As a leading provider of trade promotion management (TPM) solutions, we understand what facilitates a smooth implementation—and what doesn’t. From our experience, we’ve identified five pitfalls that can keep consumer packaged goods companies from achieving their desired return on their TPM investments.

The RFP Hangover.

We’ve seen this happen over and over. An organization assigns a team to develop its requirements for a TPM request for proposal (RFP). That team does so, issues the RFP, evaluates the vendors’ proposals, sits through TPM software demonstrations, chooses its vendor—and then walks away. That’s a problem. Vetting and selecting a TPM partner is only half the battle. The development team needs to stay engaged to make sure that the selected partner is, in fact, the best partner for implementing a TPM strategy or application. And they need to work with the implementation team to ensure that the actual intent of the TPM program—to improve efficiencies and effectiveness of trade spending—is being realized. TPM implementation is a long journey; organizations considering partnering with a TPM vendor need to understand that from the start.

Irrational Exuberance.

Sometimes, TPM software vendors do “too good” a job promoting their solutions. In those cases, buyers can become enamored by the software, the snazzy features and the promises of ROI—and completely forget about the people who will use the system and the processes that the system is meant to support. The truth is that software—no matter how alluring—can only do so much. The skills of the organization’s people and the maturity of its processes are the other two legs of the TPM stool.

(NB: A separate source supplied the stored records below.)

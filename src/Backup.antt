-- ===== src/Backup.antt =====
-- internal/backup: an instance's database and files are saved, restored and checked.
pub mod Tools
pub mod Restore
pub mod Verify
pub mod Save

The bottom line is this: If your people are doing the wrong things, a TPM’s functionality will simply let them continue doing the wrong things efficiently. And if your processes are not doing what you need them to do, TPM applications will simply help you be more efficient at being ineffective.

Culture Shock.

We’ve heard this one a number of times: “The software looks great! So, why do I need to care about the culture of the vendor we will be partnering with?” The answer is, if your organization’s culture, values and management style is at odds with the culture, values and management style of your TPM vendor, the implementation will almost always cost you more and take much longer than you anticipated.

How will you know if your cultures are incompatible? Be aware of warning signs. If the vendor has no business people working with you to understand your processes and people, run. If correspondence and responses to specific questions are sporadic, run faster. If training or coaching of your people is an afterthought, or if the vendor’s implementation team is not revealed until after the contract is signed, run farther. Vet your vendors thoroughly. And don’t take the concept of “partnership” lightly.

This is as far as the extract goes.